IF 1.1 Q4 HEALTH CARE SCIENCES & SERVICES Pub Date : 2024-12-16 DOI: 10.1016/j.jhqr.2024.11.002
J E Calle Urra, A Jimeno Almazán, A Más Castillo, T Ramón Esparza, C Arellano Morata, J J López-Picazo Ferrer

Objetive: To know the perception of primary care professionals about the frequency with which interventions that should not be done at this level of care are carried out.

Material and methods: Three questionnaires were developed to evaluate 9 interventions in family medicine, 2 in pediatrics and 6 in nursing. The percentage of professionals who stated that they always or almost always carried out these interventions was calculated, considering acceptable percentages of less than 5%. A descriptive analysis of the barriers identified to reduce these interventions was also carried out.

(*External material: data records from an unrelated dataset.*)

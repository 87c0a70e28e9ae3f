-- ===== src/Tsdb/Config/Bits.antt =====
-- Go's `&` on unsigned numbers of `w` bits, and the test for powers of two made with it.
use blockstorageingestor.Prelude.{
  ℕ, zero, suc, ◌+◌, ◌*◌, ◌/◌, ◌%◌, ◌^◌, ◌<◌, ◌≡◌, refl, ◌↔◌, ◌⊎◌, inl, inr, arith, nat_eq, str_eq,
}

-- `a & b` on the lowest `w` bits
unfoldable pub land : ℕ → ℕ → ℕ → ℕ
land zero a b = 0
land (suc w) a b = (a % 2) * (b % 2) + 2 * land w (a / 2) (b / 2)

pow_suc : (k : ℕ) → 2 ^ suc k ≡ 2 * 2 ^ k
pow_suc k = omega arith

parity : (a : ℕ) → (a % 2 ≡ 0) ⊎ (a % 2 ≡ 1)
parity a = omega arith

halved : (a w : ℕ) → a < 2 ^ suc w → a / 2 < 2 ^ w
halved a w h = omega (arith, pow_suc w)

land-same : (w a : ℕ) → a < 2 ^ w → land w a a ≡ a
unfolding land
land-same zero a h = omega arith
land-same (suc w) a h =
    rw (land-same w (a / 2) (halved a w h))
      (elim (parity a) [ inl p ↦ rw p (omega arith) | inr p ↦ rw p (omega arith) ])

abbrev pub IsPowerOfTwo : ℕ → Type 0
IsPowerOfTwo n = (k : ℕ) × (n ≡ 2 ^ k)

odd_power : (a k : ℕ) → a % 2 ≡ 0 → suc a ≡ 2 ^ k → a ≡ 0
odd_power a zero p e = omega arith
odd_power a (suc k) p e = omega (arith, pow_suc k)

even_power : (a k : ℕ) → a % 2 ≡ 1 → suc a ≡ 2 ^ k → IsPowerOfTwo (suc (a / 2))
even_power a zero p e = let no : ⊥ = omega arith in elim no [ ]
even_power a (suc k) p e = (k, omega (arith, pow_suc k))

-- The test for powers of two that Go code makes: `n & (n - 1) == 0`
pub land-pred : (w a : ℕ) → suc a < 2 ^ w → (land w (suc a) a ≡ 0) ↔ IsPowerOfTwo (suc a)
unfolding land
land-pred zero a h = ((λ _. (0, omega arith)), λ _. refl)
land-pred (suc w) a h = elim (parity a) [
  | inl p ↦
      let q : (suc a) / 2 ≡ a / 2 = omega arith in
      let low : a < 2 ^ suc w = omega arith in
      rw (q, p, land-same w (a / 2) (halved a w low))
        ((λ e. (0, omega arith)), λ (k, e). omega (arith, odd_power a k p e))
  | inr p ↦
      let q : (suc a) / 2 ≡ suc (a / 2) = omega arith in
      let d : (suc a) % 2 ≡ 0 = omega arith in
      let b : suc (a / 2) < 2 ^ w = omega (arith, pow_suc w) in
      let ih = land-pred w (a / 2) b in
      rw (q, p, d)
        (
          (λ e. let (k, f) = ih.0 (omega arith) in (suc k, omega (arith, pow_suc k))),
          λ (k, e). let z = ih.1 (even_power a k p e) in omega arith,
        )
]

Results: Five of the 9 interventions evaluated in family medicine, 2 in pediatrics, and 4 of the 6 in nursing were always or almost always performed by 5% or more of the professionals. Among the barriers identified to stop doing unnecessary interventions, the first was lack of time in the consultation, followed by lack of training.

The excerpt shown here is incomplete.